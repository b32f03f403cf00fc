-- ===== src/Cache/Gather.antt =====
-- The rounds of the loop of `flushBlocks` in client_src/cache.cpp: what is gathered and what is
-- written back, seen from the server's side.
use net_fs.Prelude.{
  ℕ, ◌+◌, ◌-◌, ◌*◌, ◌^◌, ◌<◌, ◌≤◌, List, [], ◌∷◌, ◌++◌, length, take, drop, get_elem?, Option, some,
  ◌==◌, ==_iff, str_eq, ◌&&◌, Bool, true, false, if◌then◌else◌, wrap64, Result, ok, ◌≡◌, ◌≢◌, ◌⊎◌,
  refl, ap, subst, ◌∙◌, arith, inl, inr,
}
use net_fs.Time.{FileTime}
use net_fs.Range.{Range, insert_range}
use net_fs.Range.Sorted.{covers, insert_range-IsSorted}
use net_fs.Range.Canonical.{IsSorted-canonical}
use net_fs.Cache.Entry.{CacheEntry}
use net_fs.Cache.State.{FileAttr, Backend}
use net_fs.Cache.Span.{in_span}
use net_fs.Cache.Flush.{Flushing, write_back, start_range, flush_round}

-- The server stores what is written back below a bound: without an error, the bytes handed over,
-- of which there are some, are its bytes at their places. A write-back of attributes leaves what
-- is within the file's size, also if it fails.
pub record Stores {S : Type 0} (backend : Backend S) (bound : ℕ) (remote : S → List ℕ → ℕ → ℕ)
    : Type 0 where
  pub within : bound ≤ 2 ^ 64
  pub writes :
      (f : List ℕ) (offset : ℕ) (buf : List ℕ) (time : FileTime) (stale : Bool) (s : S)
      → 0 < length buf
      → offset + length buf < bound
      → (code : ℕ) × (time' : FileTime) × (stale' : Bool) × (s' : S) × (backend.content_wb f offset
            buf time stale s
          ≡ ok (code, time', stale', s'))
        × ((code ≢ 0)
            ⊎ ((g : List ℕ) (pos : ℕ)
                → some (remote s' g pos) ≡ (
                    if str_eq f g && in_span offset (length buf) pos
                    then get_elem? buf (pos - offset)
                    else some (remote s g pos))))
  pub resizes :
      (f : List ℕ) (attr : FileAttr) (stale : Bool) (s : S)
      → (code : ℕ) × (attr' : FileAttr) × (stale' : Bool) × (s' : S) × (backend.attr_wb f attr stale
            s
          ≡ ok (code, attr', stale', s'))
        × ((g : List ℕ) (pos : ℕ)
            → (str_eq f g ≡ false) ⊎ (pos < attr.size)
            → remote s' g pos ≡ remote s g pos)

-- A call of a callback for write-back returned the code, and left `s'` behind it.
pub data WroteBack {S : Type 0} (backend : Backend S) (code : ℕ) (s' : S) : Type 0 where
  content_call :
      (f : List ℕ) (offset : ℕ) (buf : List ℕ) (time : FileTime) (stale : Bool) (s : S)
      (time' : FileTime) (stale' : Bool)
      → backend.content_wb f offset buf time stale s ≡ ok (code, time', stale', s')
      → WroteBack backend code s'
  attr_call :
      (f : List ℕ) (attr : FileAttr) (stale : Bool) (s : S) (attr' : FileAttr) (stale' : Bool)
      → backend.attr_wb f attr stale s ≡ ok (code, attr', stale', s')
      → WroteBack backend code s'

-- A write-back returned the error code, as the last call of a callback.
abbrev pub Refused : {S : Type 0} → Backend S → ℕ → S → Type 0
Refused backend code s' = (code ≢ 0) × WroteBack backend code s'

-- The range is the only one and ends below the bound, and its bytes are the gathered ones.
abbrev pub Ready : {S : Type 0} → ℕ → Flushing S → Type 0
Ready bound fl =
    ((fl.flush_range ≡ []) × (fl.gathered ≡ []))
    ⊎ ((r : Range) × (fl.flush_range ≡ r ∷ [])
        × (r.start < r.end)
        × (r.end < bound)
        × (r.end - r.start ≡ length fl.gathered))

-- What the server has at a place once the gathered bytes are written back.
unfoldable pub pending :
    {S : Type 0} → (S → List ℕ → ℕ → ℕ) → List ℕ → Flushing S → List ℕ → ℕ → Option ℕ
pending remote f fl g pos = elim fl.flush_range [
  | [] ↦ some (remote fl.behind g pos)
  | r ∷ _ ↦
      if str_eq f g && in_span r.start (length fl.gathered) pos
      then get_elem? fl.gathered (pos - r.start)
      else some (remote fl.behind g pos)
]

-- The run returns; without an error, the variables are ready and what is pending is the target.
abbrev pub Reaches :
    {S : Type 0}
    → Backend S
    → ℕ
    → (S → List ℕ → ℕ → ℕ)
    → List ℕ
    → Result (ℕ × Flushing S)
    → (List ℕ → ℕ → Option ℕ)
    → Type 0
Reaches {S} backend bound remote f run target =
    (code : ℕ) × (fl' : Flushing S) × (run ≡ ok (code, fl'))
    × (Refused backend code fl'.behind
        ⊎ ((code ≡ 0)
            × Ready bound fl'
            × ((g : List ℕ) (pos : ℕ) → pending remote f fl' g pos ≡ target g pos)))

-- A range put into an empty list, and one put into a list with a range that it follows.
insert_first :
    (start end : ℕ)
    → start < end
    → insert_range start end [] ≡ ok (record { start = start; end = end } ∷ [])
unfolding covers
insert_first start end h =
    let one : List Range = record { start = start; end = end } ∷ [] in
    let (after, run, sorted, covered) = insert_range-IsSorted start end [] h tt in
    let same : after ≡ one =
      IsSorted-canonical after one sorted (omega arith, h, tt) (λ x. ground (arith, covered x)) in
    run ∙ ap ok same

insert_next :
    (r : Range) (end : ℕ)
    → r.start < r.end
    → r.end < end
    → insert_range r.end end (r ∷ []) ≡ ok (record { start = r.start; end = end } ∷ [])
unfolding covers
insert_next r end h k =
    let one : List Range = record { start = r.start; end = end } ∷ [] in
    let (after, run, sorted, covered) =
      insert_range-IsSorted r.end end (r ∷ []) k (omega arith, h, tt) in
    let same : after ≡ one =
      IsSorted-canonical after one sorted (omega arith, omega arith, tt)
        (λ x. ground (arith, covered x)) in
    run ∙ ap ok same

module _ {S : Type 0} (backend : Backend S) (bound : ℕ) (remote : S → List ℕ → ℕ → ℕ)
    (stores : Stores backend bound remote) (f : List ℕ) where
  write_back_run :
      (fl : Flushing S) (r : Range) (code : ℕ) (time : FileTime) (stale : Bool) (s' : S)
      → fl.flush_range ≡ r ∷ []
      → (r.end - r.start == length fl.gathered) ≡ true
      → backend.content_wb f r.start fl.gathered fl.time fl.stale fl.behind
        ≡ ok (code, time, stale, s')
      → write_back backend f fl ≡ ok (code, record fl { time = time; stale = stale; behind = s' })
  unfolding write_back
  write_back_run fl r code time stale s' one len run = rw (one, len, run) refl

  -- The write-back of what is gathered passes its assertion; without an error, the server then has
  -- what was pending.
  pub write_back_lem :
      (fl : Flushing S) (r : Range)
      → fl.flush_range ≡ r ∷ []
      → r.start < r.end
      → r.end < bound
      → r.end - r.start ≡ length fl.gathered
      → (code : ℕ) × (time : FileTime) × (stale : Bool) × (s' : S) × (write_back backend f fl
          ≡ ok (code, record fl { time = time; stale = stale; behind = s' }))
        × WroteBack backend code s'
        × ((code ≢ 0)
            ⊎ ((g : List ℕ) (pos : ℕ) → some (remote s' g pos) ≡ pending remote f fl g pos))
  unfolding pending
  write_back_lem fl r one order below len =
      let (code, time, stale, s', run, effect) =
        stores.writes f r.start fl.gathered fl.time fl.stale fl.behind (omega arith)
          (omega arith) in
      (
        code,
        time,
        stale,
        s',
        write_back_run fl r code time stale s' one
            ((==_iff (r.end - r.start) (length fl.gathered)).1 len) run,
        content_call f r.start fl.gathered fl.time fl.stale fl.behind time stale run,
        elim effect [
          | inl failed ↦ inl failed
          | inr stored ↦ inr (λ g pos. stored g pos ∙ rw one refl)
        ],
      )

  -- What a round does to what is pending: the bytes of a range are added.
  pub record Added (fl fl' : Flushing S) (start : ℕ) (bytes : List ℕ) : Type 0 where
    pub ready : Ready bound fl'
    pub adds :
        (g : List ℕ) (pos : ℕ)
        → pending remote f fl' g pos ≡ (
            if str_eq f g && in_span start (length bytes) pos
            then get_elem? bytes (pos - start)
            else pending remote f fl g pos)

  module _ (block_size b : ℕ) (entry : CacheEntry) (rg : Range) (start end : ℕ)
      (at_start : wrap64 (rg.start + b * block_size) ≡ start)
      (at_end : wrap64 (rg.end + b * block_size) ≡ end) where
    abbrev pub bytes_of : List ℕ
    bytes_of = take (rg.end - rg.start) (drop rg.start entry.content)

    pub round_first :
        (fl : Flushing S)
        → fl.flush_range ≡ []
        → fl.gathered ≡ []
        → start < end
        → flush_round backend f block_size b entry rg fl
          ≡ ok (
            0,
            record fl {
              flush_range = record { start = start; end = end } ∷ [];
              gathered = bytes_of;
            },
          )
    unfolding flush_round start_range
    round_first fl none_yet empty h =
        rw (none_yet, at_start, at_end, insert_first start end h, empty) refl

    pub round_next :
        (fl : Flushing S) (r : Range)
        → fl.flush_range ≡ r ∷ []
        → r.start < r.end
        → r.end ≡ start
        → start < end
        → flush_round backend f block_size b entry rg fl
          ≡ ok (
            0,
            record fl {
              flush_range = record { start = r.start; end = end } ∷ [];
              gathered = fl.gathered ++ bytes_of;
            },
          )
    unfolding flush_round start_range
    round_next fl r one h meets k =
        let test : (r.end == start) ≡ true = (==_iff r.end start).1 meets in
        let run : insert_range start end (r ∷ [])
            ≡ ok (record { start = r.start; end = end } ∷ []) =
          subst
            (λ (n : ℕ).
              insert_range n end (r ∷ []) ≡ ok (record { start = r.start; end = end } ∷ []))
            meets (insert_next r end h (omega arith)) in
        rw (one, at_start, at_end, test, run) refl

    pub round_apart :
        (fl fl₁ : Flushing S) (r : Range)
        → fl.flush_range ≡ r ∷ []
        → (r.end == start) ≡ false
        → start < end
        → write_back backend f fl ≡ ok (0, fl₁)
        → flush_round backend f block_size b entry rg fl
          ≡ ok (
            0,
            record fl₁ {
              flush_range = record { start = start; end = end } ∷ [];
              gathered = bytes_of;
            },
          )
    unfolding flush_round start_range
    round_apart fl fl₁ r one test h run =
        let run' = rw one at run in
        rw (one, at_start, at_end, test, run', insert_first start end h) refl

    pub round_failed :
        (fl fl₁ : Flushing S) (r : Range) (code : ℕ)
        → fl.flush_range ≡ r ∷ []
        → (r.end == start) ≡ false
        → (code == 0) ≡ false
        → write_back backend f fl ≡ ok (code, fl₁)
        → flush_round backend f block_size b entry rg fl ≡ ok (code, fl₁)
    unfolding flush_round start_range
    round_failed fl fl₁ r code one test failed run =
        let run' = rw one at run in rw (one, at_start, test, run', failed) refl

---*---

→ Action item
Your reply should be a single number: the count of lines above that include the string "drop".

→ Reply to the exercise
2